The Stoics did much better with the much shorter Enchiridion.

A follow-on to the author’s garbled but popular 48 Laws of Power, promising that readers will learn how to win friends and influence people, to say nothing of outfoxing all those “toxic types” out in the world.

Greene (Mastery, 2012, etc.) begins with a big sell, averring that his book “is designed to immerse you in all aspects of human behavior and illuminate its root causes.” To gauge by this fat compendium, human behavior is mostly rotten, a presumption that fits with the author’s neo-Machiavellian program of self-validation and eventual strategic supremacy. The author works to formula: First, state a “law,” such as “confront your dark side” or “know your limits,” the latter of which seems pale compared to the Delphic oracle’s “nothing in excess.” Next, elaborate on that law with what might seem to be as plain as day: “Losing contact with reality, we make irrational decisions. That is why our success often does not last.” One imagines there might be other reasons for the evanescence of glory, but there you go.

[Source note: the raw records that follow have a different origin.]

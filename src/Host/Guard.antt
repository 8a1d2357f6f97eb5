-- ===== src/Host/Guard.antt =====
-- What `only_manager` makes of a method, and when the calls of a machine end.
use cloudify_system_tests.Prelude.{
  ◌≡◌, ◌≢◌, refl, sym, ap, ◌∙◌, true, false, if◌then◌else◌, inl, inr, Bool-cases,
}
use cloudify_system_tests.Act.{Act, Error, Reply, Result, ok, err, running, catch, runtime_error}
use cloudify_system_tests.Act.Ends.{Ends, result-ne-running, ne-running-ok}
use cloudify_system_tests.Host.{Vm, Host, effect, only_manager}
use mathlib.Core.Path.{subst}
use cloudify_system_tests.Act.Ends.{ne-running-err}
use cloudify_system_tests.Prelude.{◌≡◌, ap, true, false, if◌then◌else◌}
use cloudify_system_tests.Act.{Act, err, runtime_error}
use cloudify_system_tests.Host.{Host, only_manager}

module _ {W A : Type 0} (body : Act (Host W) A) (h : Host W) where
  pub only_manager-manager : h.vm.is_manager ≡ true → only_manager body h ≡ body h
  unfolding only_manager
  only_manager-manager e = ap (λ b. if b then body h else (err runtime_error, h)) e

  pub only_manager-other : h.vm.is_manager ≡ false → only_manager body h ≡ (err runtime_error, h)
  unfolding only_manager
  only_manager-other e = ap (λ b. if b then body h else (err runtime_error, h)) e

module _ {W : Type 0} where
  pub effect-Ends : {A : Type 0} (call : Vm → W → Reply A × W) → Ends (effect call)
  effect-Ends call = record { at = λ h. result-ne-running (call h.vm h.world).0 }

  -- A method of a manager that returned ran its body.
  pub guarded_inv :
      {A : Type 0} (body : Act (Host W) A) (h t : Host W) (a : A)
      → only_manager body h ≡ (ok a, t)
      → body h ≡ (ok a, t)
  guarded_inv body h t a e = elim (Bool-cases h.vm.is_manager) [
    | inl manager ↦ sym (only_manager-manager body h manager) ∙ e
    | inr unmanaged ↦ cc (ap (λ q. q.0) (sym (only_manager-other body h unmanaged) ∙ e))
  ]

  pub only_manager-Ends :
      {A : Type 0} (body : Act (Host W) A) → Ends body → Ends (only_manager body)
  only_manager-Ends body ends = record {
    at = λ h. elim (Bool-cases h.vm.is_manager) [
      | inl manager ↦
          subst (λ x. x.0 ≢ running) (sym (only_manager-manager body h manager)) (ends.at h)
      | inr unmanaged ↦
          subst (λ x. x.0 ≢ running) (sym (only_manager-other body h unmanaged))
            (ne-running-err runtime_error)
    ];
  }

  pub caught-Ends :
      {A : Type 0} (x : Result A) (handler : Error → Act (Host W) A) (h : Host W)
      → x ≢ running
      → ((e : Error) → Ends (handler e))
      → (catch (λ u. (x, u)) handler h).0 ≢ running
  caught-Ends (ok a) handler h ends handled = ne-running-ok a
  caught-Ends (err e) handler h ends handled = (handled e).at h
  caught-Ends running handler h ends handled = absurd (ends refl)
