-- ===== src/Host/Services/Laws.antt =====
-- Which commands the operations on the services send, on a machine that answers every command.
use cloudify_system_tests.Text.{split}
use cloudify_system_tests.Prelude.{
  inr, inl, Bool-cases, some, false, Option, if◌then◌else◌, true, Bool, String, ◌≡◌, refl, ap, ◌∙◌,
  sym, List, [], ◌∷◌, ◌++◌, map,
}
use mathlib.Core.List.{append_assoc, append-nil}
use cloudify_system_tests.Act.{pass, ◌>>◌, continue, Result, Act, value, ok, ◌>>=◌}
use cloudify_system_tests.Host.Guard.{only_manager-manager}
use cloudify_system_tests.Act.{pure}
use cloudify_system_tests.Prelude.{none}
use cloudify_system_tests.Host.{only_manager, Vm, Command, Machine, Host, run_command}
use cloudify_system_tests.Host.Services.{
  default_configs, remove_certs, any_service, list_configs, on_configs, start_manager_services,
  unlink_ca, teardown, is_configured, get_installed_configs, list_configured, cfy_manager,
  for_configs,
}

module _ {W : Type 0} (m : Machine W) (answers : String → String)
    (obeys : (vm : Vm) (c : Command) (w : W) → (m.run vm c w).0 ≡ value (answers c.text)) where
  -- Code that returns, sends these commands, and leaves the machine's fields alone.
  pub record Sends {A : Type 0} (cs : List Command) (a : A) (h : Host W) (x : Result A × Host W)
      : Type 0 where
    pub returned : x.0 ≡ ok a
    pub trace : x.1.sent ≡ h.sent ++ cs
    pub same_vm : x.1.vm ≡ h.vm

  pub run_command-Sends :
      (c : Command) (h : Host W) → Sends (c ∷ []) (answers c.text) h (run_command m c h)
  unfolding run_command
  run_command-Sends c h = record {
    returned = rw (obeys h.vm c h.world) refl;
    trace = refl;
    same_vm = refl;
  }

  pub pure-Sends : {A : Type 0} (a : A) (h : Host W) → Sends [] a h (ok a, h)
  pure-Sends a h = record { returned = refl; trace = sym (append-nil h.sent); same_vm = refl }

  pub as_manager :
      {A : Type 0} {cs : List Command} {a : A} (body : Act (Host W) A) (h : Host W)
      → h.vm.is_manager ≡ true
      → Sends cs a h (body h)
      → Sends cs a h (only_manager body h)
  as_manager body h manager s =
      let same = only_manager-manager body h manager in
      record {
        returned = ap (λ q. q.0) same ∙ s.returned;
        trace = ap (λ q. q.1.sent) same ∙ s.trace;
        same_vm = ap (λ q. q.1.vm) same ∙ s.same_vm;
      }

  pub Sends-bind :
      {A B : Type 0} (cs ds : List Command) (a : A) (b : B) (h : Host W) (x : Result A × Host W)
      (f : A → Act (Host W) B)
      → Sends cs a h x
      → ((g : Host W) → g.vm ≡ h.vm → Sends ds b g (f a g))
      → Sends (cs ++ ds) b h (continue x.0 f x.1)
  Sends-bind cs ds a b h x f hx hf =
      let next = hf x.1 hx.same_vm in
      record {
        returned = rw hx.returned next.returned;
        trace =
            rw hx.returned (next.trace ∙ ap (λ l. l ++ ds) hx.trace ∙ append_assoc h.sent cs ds);
        same_vm = rw hx.returned (next.same_vm ∙ hx.same_vm);
      }

  for_configs-Sends :
      (action : String) (configs : List String) (h : Host W)
      → Sends (map (cfy_manager action) configs) tt h (for_configs m action configs h)
  unfolding for_configs ◌>>=◌
  for_configs-Sends action [] h = pure-Sends tt h
  for_configs-Sends action (c ∷ configs) h =
      Sends-bind (cfy_manager action c ∷ []) (map (cfy_manager action) configs) _ tt h _ _
        (run_command-Sends (cfy_manager action c) h) (λ g _. for_configs-Sends action configs g)

  get_installed_configs-Sends :
      (h : Host W)
      → h.vm.is_manager ≡ true
      → Sends
          (list_configs ∷ [])
          (default_configs (split (answers list_configs.text)))
          h
          (get_installed_configs m h)
  unfolding get_installed_configs ◌>>=◌
  get_installed_configs-Sends h manager = as_manager _ h manager (
      Sends-bind (list_configs ∷ []) [] (answers list_configs.text)
        (default_configs (split (answers list_configs.text))) h (run_command m list_configs h)
        (λ listed. pure (default_configs (split listed))) (run_command-Sends list_configs h)
        (λ g _. pure-Sends _ g))

  is_configured-Sends :
      (h : Host W)
      → h.vm.is_manager ≡ true
      → Sends
          (list_configured ∷ [])
          (any_service (answers list_configured.text))
          h
          (is_configured m h)
  unfolding is_configured ◌>>=◌
  is_configured-Sends h manager = as_manager _ h manager (
      Sends-bind (list_configured ∷ []) [] (answers list_configured.text)
        (any_service (answers list_configured.text)) h (run_command m list_configured h)
        (λ listed. pure (any_service listed)) (run_command-Sends list_configured h)
        (λ g _. pure-Sends _ g))

  -- The commands for an action on every installed configuration, where any service is configured.
  abbrev config_commands : String → Bool → List Command
  config_commands action true =
      list_configs ∷ map (cfy_manager action) (default_configs (split (answers list_configs.text)))
  config_commands action false = []

  chosen-Sends :
      (action : String) (configured : Bool) (h : Host W)
      → h.vm.is_manager ≡ true
      → Sends (config_commands action configured) tt h (
          (if configured
              then (do config_names ← get_installed_configs m; for_configs m action config_names)
              else pass)
            h)
  unfolding ◌>>=◌
  chosen-Sends action true h manager =
      Sends-bind (list_configs ∷ []) _ _ tt h _ _ (get_installed_configs-Sends h manager)
        (λ g _. for_configs-Sends action _ g)
  chosen-Sends action false h manager = pure-Sends tt h

  abbrev pub action_commands : String → List Command
  action_commands action =
      list_configured ∷ config_commands action (any_service (answers list_configured.text))

  pub on_configs-Sends :
      (action : String) (h : Host W)
      → h.vm.is_manager ≡ true
      → Sends (action_commands action) tt h (on_configs m action h)
  unfolding on_configs ◌>>=◌
  on_configs-Sends action h manager =
      Sends-bind (list_configured ∷ []) _ _ tt h _ _ (is_configured-Sends h manager)
        (λ g same. chosen-Sends action _ g (ap (λ v. v.is_manager) same ∙ manager))

  -- On a machine that answers every command, starting the services of a manager returns: it asks what
  -- is configured, and if any service is, starts every installed configuration in the order in which
  -- they are listed.
  start_manager_services_sends :
      (h : Host W)
      → h.vm.is_manager ≡ true
      → ((start_manager_services m h).0 ≡ ok tt)
        × ((start_manager_services m h).1.sent ≡ h.sent ++ action_commands "start")
  unfolding start_manager_services
  start_manager_services_sends h manager =
      let all = as_manager _ h manager (on_configs-Sends "start" h manager) in
      (all.returned, all.trace)

  abbrev pub cert_commands : Bool → List Command
  cert_commands true = remove_certs m ∷ []
  cert_commands false = []

  certs-Sends :
      (kill_certs : Bool) (h : Host W)
      → Sends
          (cert_commands kill_certs)
          tt
          h
          ((if kill_certs then (run_command m (remove_certs m) >> pass) else pass) h)
  unfolding ◌>>=◌
  certs-Sends true h =
      Sends-bind (remove_certs m ∷ []) [] _ tt h _ _ (run_command-Sends (remove_certs m) h)
        (λ g _. pure-Sends tt g)
  certs-Sends false h = pure-Sends tt h

  pub unlink_ca-Sends : (path : Option String) (h : Host W) → Sends [] tt h (unlink_ca m path h)
  unfolding unlink_ca
  unlink_ca-Sends none h = pure-Sends tt h
  unlink_ca-Sends (some path) h = elim (Bool-cases (m.exists path h.world)) [
    | inl there ↦
        rw there (record { returned = refl; trace = sym (append-nil h.sent); same_vm = refl })
    | inr absent ↦ rw absent (pure-Sends tt h)
  ]

  -- On a machine that answers every command, a teardown of a manager returns: it asks what is
  -- configured, removes every installed configuration if any service is, and then the certificates
  -- if it was asked to; it sends nothing else.
  pub teardown_sends :
      (kill_certs : Bool) (h : Host W)
      → h.vm.is_manager ≡ true
      → ((teardown m kill_certs h).0 ≡ ok tt)
        × ((teardown m kill_certs h).1.sent
            ≡ h.sent ++ (action_commands "remove" ++ (cert_commands kill_certs ++ [])))
  unfolding teardown ◌>>=◌
  teardown_sends kill_certs h manager =
      let all = as_manager _ h manager (
        Sends-bind (action_commands "remove") (cert_commands kill_certs ++ []) _ tt h _ _
          (on_configs-Sends "remove" h manager)
          (λ g _.
            Sends-bind (cert_commands kill_certs) [] _ tt g _ _ (certs-Sends kill_certs g)
              (λ k _. unlink_ca-Sends k.vm.api_ca_path k))) in
      (all.returned, all.trace)
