-- ===== src/Host/Backup/Laws.antt =====
-- What a restore sends to a machine that answers, and what it resets.
use cloudify_system_tests.Prelude.{
  ◌≡◌, refl, sym, ap, ◌∙◌, String, Bool, true, false, List, [], ◌∷◌, ◌++◌, if◌then◌else◌,
}
use mathlib.Core.List.{append-nil}
use cloudify_system_tests.Act.{Done, ◌>>◌, ok, Act, value, pass, ◌>>=◌}
use cloudify_system_tests.Host.{set_vm, Vm, Command, Machine, Host, plain, effect}
use cloudify_system_tests.Host.Services.{stop_manager_services, clean_local_rest_ca}
use cloudify_system_tests.Host.Services.Laws.{
  Sends, pure-Sends, as_manager, Sends-bind, run_command-Sends, on_configs-Sends, unlink_ca-Sends,
  action_commands,
}
use cloudify_system_tests.Host.Backup.{
  rsync_restore, run_restore, restore_script, reset_config, clean_manager, start_restore,
}

module _ {W : Type 0} (m : Machine W) (answers : String → String)
    (obeys : (vm : Vm) (c : Command) (w : W) → (m.run vm c w).0 ≡ value (answers c.text))
    (takes : (vm : Vm) (path contents : String) (w : W)
      → (m.put vm path contents w).0 ≡ value tt) where
  put-Sends :
      (path contents : String) (h : Host W)
      → Sends m answers obeys [] tt h (effect (λ v. m.put v path contents) h)
  put-Sends path contents h = record {
    returned = rw (takes h.vm path contents h.world) refl;
    trace = sym (append-nil h.sent);
    same_vm = refl;
  }

  abbrev clean_commands : List Command
  clean_commands =
      action_commands m answers obeys "stop"
      ++ ((plain "rm -rf ~/.cloudify*" ∷ []) ++ ((plain "sudo rm -rf /root/.cloudify" ∷ []) ++ []))

  clean_manager-Sends :
      (h : Host W)
      → h.vm.is_manager ≡ true
      → Sends m answers obeys clean_commands tt h (clean_manager m h)
  unfolding clean_manager stop_manager_services clean_local_rest_ca ◌>>=◌
  clean_manager-Sends h manager =
      Sends-bind m answers obeys (action_commands m answers obeys "stop") _ tt tt h _ _
        (as_manager m answers obeys _ h manager (on_configs-Sends m answers obeys "stop" h manager))
        (λ g same_g.
          Sends-bind m answers obeys (plain "rm -rf ~/.cloudify*" ∷ []) _ _ tt g _ _
            (run_command-Sends m answers obeys _ g)
            (λ k same_k.
              Sends-bind m answers obeys (plain "sudo rm -rf /root/.cloudify" ∷ []) [] _ tt k _ _
                (run_command-Sends m answers obeys _ k)
                (λ l same_l.
                  as_manager m answers obeys _ l
                    (ap (λ v. v.is_manager) (same_l ∙ same_k ∙ same_g) ∙ manager)
                    (unlink_ca-Sends m answers obeys l.vm.api_ca_path l))))

  start_restore-Sends :
      (h : Host W) → Sends m answers obeys (run_restore ∷ []) tt h (start_restore m h)
  unfolding start_restore ◌>>=◌
  start_restore-Sends h =
      Sends-bind m answers obeys [] (run_restore ∷ []) tt tt h _ _ (put-Sends _ restore_script h)
        (λ g _.
          Sends-bind m answers obeys (run_restore ∷ []) [] _ tt g _ _
            (run_command-Sends m answers obeys run_restore g)
            (λ k _. pure-Sends m answers obeys tt k))

  abbrev restore_commands : Bool → List Command
  restore_commands manager = if manager then clean_commands else []

  abbrev after_restore : Bool → Vm → Vm
  after_restore manager v = if manager then reset_config v else v

  cleaned-Sends :
      (manager : Bool) (h : Host W)
      → h.vm.is_manager ≡ manager
      → Sends m answers obeys
          (restore_commands manager)
          tt
          h
          ((if manager then clean_manager m else pass) h)
  cleaned-Sends true h e = clean_manager-Sends h e
  cleaned-Sends false h e = pure-Sends m answers obeys tt h

  -- the body of a restore, once it is known whether the machine is a manager
  abbrev body : Bool → Act (Host W) Done
  body manager = do
    if manager then set_vm reset_config else pass
    if manager then clean_manager m else pass
    start_restore m

  body-Sends :
      (manager : Bool) (h : Host W)
      → h.vm.is_manager ≡ manager
      → Sends m answers obeys
          (restore_commands manager ++ run_restore ∷ [])
          tt
          (record h { vm = after_restore manager h.vm })
          (body manager h)
  unfolding ◌>>=◌
  body-Sends true h e =
      Sends-bind m answers obeys clean_commands (run_restore ∷ []) tt tt
        (record h { vm = reset_config h.vm }) _ _
        (clean_manager-Sends (record h { vm = reset_config h.vm }) e) (λ g _. start_restore-Sends g)
  body-Sends false h e = start_restore-Sends h

  restored_as :
      (manager : Bool) (h : Host W) → h.vm.is_manager ≡ manager → rsync_restore m h ≡ body manager h
  unfolding rsync_restore ◌>>=◌
  restored_as manager h e = ap (λ b. body b h) e

  -- On a machine that answers every command and takes every file, a restore returns. On a manager it
  -- stops the services and removes the profiles before the files are put back, and the install
  -- configuration is again what it was at first; on any other machine it only puts the files back.
  -- Nothing else of the machine's fields changes.
  rsync_restore-resets :
      (manager : Bool) (h : Host W)
      → h.vm.is_manager ≡ manager
      → ((rsync_restore m h).0 ≡ ok tt)
        × ((rsync_restore m h).1.sent ≡ h.sent ++ (restore_commands manager ++ run_restore ∷ []))
        × ((rsync_restore m h).1.vm ≡ after_restore manager h.vm)
  rsync_restore-resets manager h e =
      let s = body-Sends manager h e in
      let same = restored_as manager h e in
      (
        ap (λ q. q.0) same ∙ s.returned,
        ap (λ q. q.1.sent) same ∙ s.trace,
        ap (λ q. q.1.vm) same ∙ s.same_vm,
      )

Finally, spin out a long tutelary yarn, seemingly the longer the better, to shore up the truism—in this case, the cometary rise and fall of one-time Disney CEO Michael Eisner, with the warning, “his fate could easily be yours, albeit most likely on a smaller scale,” which ranks right up there with the fortuneteller’s “I sense that someone you know has died" in orders of probability. It’s enough to inspire a new law: Beware of those who spend too much time telling you what you already know, even when it’s dressed up in fresh-sounding terms. “Continually mix the visceral with the analytic” is the language of a consultant’s report, more important-sounding than “go with your gut but use your head, too.”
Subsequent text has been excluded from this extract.